Your have become better at woodworking! (152)

Contrary to popular belief, I have other hobbies besides woodworking.  One of which is video games.  Specifically, roleplaying games (both MMOs and console).  I’m really good at tradeskills in MMOs.  Like super good.  Like it’s the main reason I started making things in real life.

I just saw that EverQuest is lauching a new timelocked progression server this summer and the vote (I voted twice, because I have two EQ1 Gold accounts) came out in favor of Slower Progression.  I started out on the Rathe server (FOR LIFE!), but I have been bouncing around other servers (Vox, Vulak Aerr) and I like the EQ1 progression server concept.  I tried Project ’99, but I would prefer a server that is up through Shadows of Luclin (Maiden’s Eye and Grieg’s End are by far the best zones in any MMO ever, other than Dragon Necropolis).  Seems like the second round vote is going in favor of a slower progression, which is right up my (and my buddy Matty’s) alley.

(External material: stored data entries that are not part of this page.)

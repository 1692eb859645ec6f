-- ===== src/OauthReply.antt =====
-- web/src/oauth-panel.js: what the panel makes of the host's answers, of the texts in its form, and of
-- what the tab's storage keeps.
use kestrel_feature_mcp.Prelude.{
  starts_with, ℕ, String, Bool, true, false, not, ◌&&◌, ◌||◌, Option, none, some, List, [], ◌∷◌,
  ◌++◌, leb, ltb, includes, is_blank, is_space, add_first, trim, utf16_length, ◌==◌, Outcome, ok,
  ◌>>=◌, ◌>>◌, require, or_throw, error, type_error, lookup, if◌then◌else◌,
}
use kestrel_feature_mcp.Json.{nullish_or, string_of, join_items, ◌<>◌}
use kestrel_feature_mcp.Value.{
  Value, undefined, null, bool, str, arr, obj, Items, nil, cons, end, field, member, get, is_text,
  is_truthy,
}
use kestrel_feature_mcp.Platform.{Platform, Url}
use kestrel_feature_mcp.Launcher.{reference_text}

-- What a button or the form does; `connect` says whether the credentials are refreshed, and
-- `prepare` has the URL and the scopes for the form.
pub data Operation : Type 0 where
  reload submit : Operation
  connect : String → Bool → Operation
  disconnect : String → Operation
  prepare : String → String → Operation
  cancel : String → String → Operation  -- a key of the storage, and the operation's id

-- A connection's card: its lines, and its buttons.
pub record Card : Type 0 where
  pub lines : List String
  pub buttons : List (String × Operation)

-- The text of an element, which is not set to `undefined`; `null` empties it.
abbrev pub shown_text : Value → String
shown_text v = nullish_or v (string_of v)

abbrev pub state_texts : List (String × String)
state_texts =
    ("authorized", "Authorized; ready to connect")
    ∷ ("connected", "Connected")
    ∷ ("authorizing", "Waiting for authorization")
    ∷ ("outcome_unknown", "Authorization outcome uncertain")
    ∷ ("refresh_unknown", "Refresh outcome uncertain")
    ∷ ("reauthorization_required", "New authorization required")
    ∷ ("resource_rejected", "The connector refused this grant")
    ∷ ("revoked", "Disconnected locally")
    ∷ []

-- `states[state] ?? …`, for a state that no prototype has as a key.
abbrev pub state_text : Value → String
state_text state = elim (lookup (string_of state) state_texts) [
  | none ↦ "Connection status unavailable"
  | some text ↦ text
]

abbrev pub is_connectable : Value → Bool
is_connectable state =
    is_text state "authorized" || is_text state "connected" || is_text state "resource_rejected"

abbrev pub connect_buttons : Value → String → List (String × Operation)
connect_buttons row path =
    if is_connectable (member row "state")
    then (if is_truthy (member row "connected") then "Reconnect" else "Connect", connect path false)
      ∷ ("Refresh credentials", connect path true)
      ∷ []
    else []

abbrev pub disconnect_buttons : Value → String → List (String × Operation)
disconnect_buttons row path =
    if is_text (member row "state") "revoked"
    then []
    else ("Disconnect locally", disconnect path) ∷ []

-- An assignment to the value of an input.
abbrev pub input_text : Value → String
input_text null = ""
input_text v = string_of v

-- The card of a row, and whether it is whole: of a row that has no list of scopes, it is begun.
unfoldable pub render_row : (String → String) → Value → Card × Bool
render_row encode undefined = (record { lines = []; buttons = [] }, false)
render_row encode null = (record { lines = []; buttons = [] }, false)
render_row encode row =
    let path = "/connections/" <> encode (string_of (member row "connection_id")) in
    let title = shown_text (member row "server_url") in
    let issuer = shown_text (member row "issuer") in
    elim (member row "scopes") [
      | arr vs ↦
          let scopes = join_items " " vs in
          (
            record {
              lines =
                  title ∷ issuer ∷ ("Scopes: " <> scopes) ∷ state_text (member row "state") ∷ [];
              buttons =
                  connect_buttons row path
                  ++ (disconnect_buttons row path
                      ++ (
                        "Prepare new authorization",
                        prepare (input_text (member row "server_url")) scopes,
                      )
                        ∷ []);
            },
            true,
          )
      | _ ↦ (record { lines = title ∷ issuer ∷ []; buttons = [] }, false)
    ]

-- The cards up to the first that is not whole.
abbrev pub render_rows : (String → String) → List Value → List Card × Bool
unfolding render_row
render_rows encode [] = ([], true)
render_rows encode (row ∷ rows) =
    let (card, whole) = render_row encode row in
    let (cards, all_whole) = render_rows encode rows in
    if whole then (card ∷ cards, all_whole) else (card ∷ [], false)

-- `slice(0, -n)`
unfoldable pub slice_end : ℕ → String → String
unfolding utf16_length
slice_end n String.[] = String.[]
slice_end n (String.◌∷◌ c s) =
    if leb n (utf16_length s) then String.◌∷◌ c (slice_end n s) else String.[]

abbrev pub hint_key : String
hint_key = "kestrel.mcp-oauth."

-- The button for a hint of the agent's own in the storage, which is read by `JSON.parse`.
unfoldable pub hint_button :
    (String → Option Value) → String → String → String → List (String × Operation)
hint_button parse agent_prefix key text =
    if starts_with hint_key key
    then elim (parse text) [
      | none ↦ []
      | some hint ↦
          if is_truthy hint && is_text (member hint "agentPrefix") agent_prefix
          then elim (reference_text (member hint "operationId")) [
            | none ↦ []
            | some id ↦ ("Cancel pending authorization", cancel key id) ∷ []
          ]
          else []
    ]
    else []

abbrev pub hint_buttons :
    (String → Option Value) → String → List (String × String) → List (String × Operation)
hint_buttons parse agent_prefix [] = []
hint_buttons parse agent_prefix ((key, text) ∷ storage) =
    hint_button parse agent_prefix key text ++ hint_buttons parse agent_prefix storage

abbrev starts_with_space : String → Bool
starts_with_space String.[] = false
starts_with_space (String.◌∷◌ c s) = is_space c

-- `split(/\s+/)`
abbrev pub split_spaces : String → List String
split_spaces String.[] = "" ∷ []
split_spaces (String.◌∷◌ c s) =
    let rest = split_spaces s in
    if is_space c then (if starts_with_space s then rest else "" ∷ rest) else add_first c rest

abbrev pub all_different : List String → Bool
all_different [] = true
all_different (s ∷ ss) = not (includes ss s) && all_different ss

abbrev has_first : List String → Bool
has_first [] = false
has_first (s ∷ ss) = not (is_blank s)

abbrev pub is_connector_url : Url → Bool
is_connector_url url = not (
    not (url.protocol == "https:")
    || not (is_blank url.username)
    || not (is_blank url.password)
    || not (is_blank url.hash))

-- The scopes of the form, where it may begin an authorization.
unfoldable pub read_form : Platform → String → String → Outcome (List String)
unfolding trim
read_form p server scopes = do
  url ← or_throw (p.new_url (str server)) (type_error "Invalid URL")
  let requested = split_spaces (trim scopes) in
      require (is_connector_url url && has_first requested && all_different requested)
        (error "Invalid authorization")
      >> ok requested

-- The body of the request that begins an authorization.
unfoldable pub begin_body : String → List String → Bool → Value
begin_body server requested acknowledge = obj (
    field "server_url" (str server) (
      field "scopes" (arr (scope_items requested))
        (field "acknowledge_unknown" (bool acknowledge) end)))
  where
    scope_items : List String → Items
    scope_items [] = nil
    scope_items (s ∷ ss) = cons (str s) (scope_items ss)

-- Where the browser goes for consent, with the one `state` of the URL.
pub record Authorization : Type 0 where
  pub destination : Url
  pub state : String
  pub operation_id : Value

abbrev pub is_destination : Url → Url → String → Bool
is_destination destination issuer state = not (
    not (destination.protocol == "https:")
    || not (is_blank destination.username)
    || not (is_blank destination.password)
    || not (destination.origin == issuer.origin)
    || ltb (utf16_length state) 16
    || ltb 1024 (utf16_length state))

abbrev pub single : List String → Option String
single (s ∷ []) = some s
single ss = none

abbrev pub has_reference : Value → Bool
has_reference v = elim (reference_text v) [ none ↦ false | some id ↦ true ]

-- What the host's answer to the beginning of an authorization gives, with the values of `state` in
-- a URL.
unfoldable pub read_authorization : Platform → (Url → List String) → Value → Outcome Authorization
unfolding get
read_authorization p states_of started = do
  address ← get started "authorization_url"
  destination ← or_throw (p.new_url address) (type_error "Invalid URL")
  issuer ← or_throw (p.new_url (member started "issuer")) (type_error "Invalid URL")
  state ← or_throw (single (states_of destination)) (error "Invalid authorization owner")
  require (is_destination destination issuer state && has_reference (member started "operation_id"))
      (error "Invalid authorization owner")
  ok (record {
    destination = destination;
    state = state;
    operation_id = member started "operation_id";
  })

-- What the tab keeps until the host's callback page.
unfoldable pub hint_of : String → Value → Value
hint_of agent_prefix operation_id = obj (
    field "agentPrefix" (str agent_prefix)
      (field "operationId" operation_id (field "returnTo" (str "/") end)))
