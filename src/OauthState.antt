-- ===== src/OauthState.antt =====
-- web/src/oauth-panel.js: the variables of `mountOAuthPanel`, what it is told, and what it does.
use kestrel_feature_mcp.Prelude.{ℕ, String, Bool, Option, List}
use kestrel_feature_mcp.Value.{Value}
use kestrel_feature_mcp.Platform.{Platform, Url}
use kestrel_feature_mcp.OauthReply.{Operation, Card}

-- What `capture` gives: the actor at the start of an operation. An agent is its name, blank where
-- there is none.
pub record Owner : Type 0 where
  pub base : String
  pub token : ℕ
  pub agent : String

-- What an operation awaits: the connections, after which a text is shown; a change, after which a
-- key leaves the storage and the connections are loaded; or the beginning of an authorization.
pub data Waiting : Type 0 where
  loading : Option String → Waiting
  changing : Option String → Option String → Waiting
  authorizing : Waiting

pub record Job : Type 0 where
  pub owner : Owner
  pub waiting : Waiting

-- The variables of `mountOAuthPanel`, what its elements show, and the tab's storage; `jobs` are the
-- operations that await an answer, the latest first.
pub record Panel : Type 0 where
  pub generation : ℕ
  pub busy : Bool
  pub disposed : Bool
  pub has_controller : Bool
  pub jobs : List Job
  pub status : String
  pub server : String
  pub scopes : String
  pub acknowledge : Bool
  pub connections : List Card
  pub pending : List (String × Operation)
  pub storage : List (String × String)

pub data Effect : Type 0 where
  request : String → String → String → Effect  -- a method, a path, and a body
  abort : Effect
  navigate : String → Effect

-- What comes from the host: a value, or a failure with its status, 0 where it has none.
pub data Reply : Type 0 where
  success : Value → Reply
  failure : ℕ → Reply

-- The agent of the console at an event comes with it, and whether the storage takes a text.
pub data Event : Type 0 where
  clicked : String → Bool → Operation → Event
  replied : String → Bool → ℕ → Reply → Event  -- to the job at a place
  actor_changed : Event  -- the agent, or the account
  disposal : Event
  typed : String → String → Bool → Event  -- into the form
  stored : List (String × String) → Event  -- by other code of the tab

-- Where the code takes the URL parser, `encodeURIComponent`, `JSON.parse`, the values of `state` in
-- a URL, `btoa` of the UTF-8 bytes of a text, and `buildAgentUrl` from.
pub record Console : Type 0 where
  pub platform : Platform
  pub encode : String → String
  pub parse : String → Option Value
  pub states_of : Url → List String
  pub btoa : String → String
  pub agent_url : String → String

I’ve been a healer in MMOs for a long time (mostly because no one else wants to do it and I enjoy willing groups to success), but I think on the new EQ progression server, I will be a monk or a magician.  Maybe even an enchanter.  Just to stick it to Matty. And because I love the Jewelcrafting tradeskill the most.

This is a bear cub wielding an ax.

This is a bear cub wielding an ax in Crescent Reach.

Anyone who has been thinking of getting back into EQ1, I would urge you to keep an eye out for the new progression server launch.  I certainly am.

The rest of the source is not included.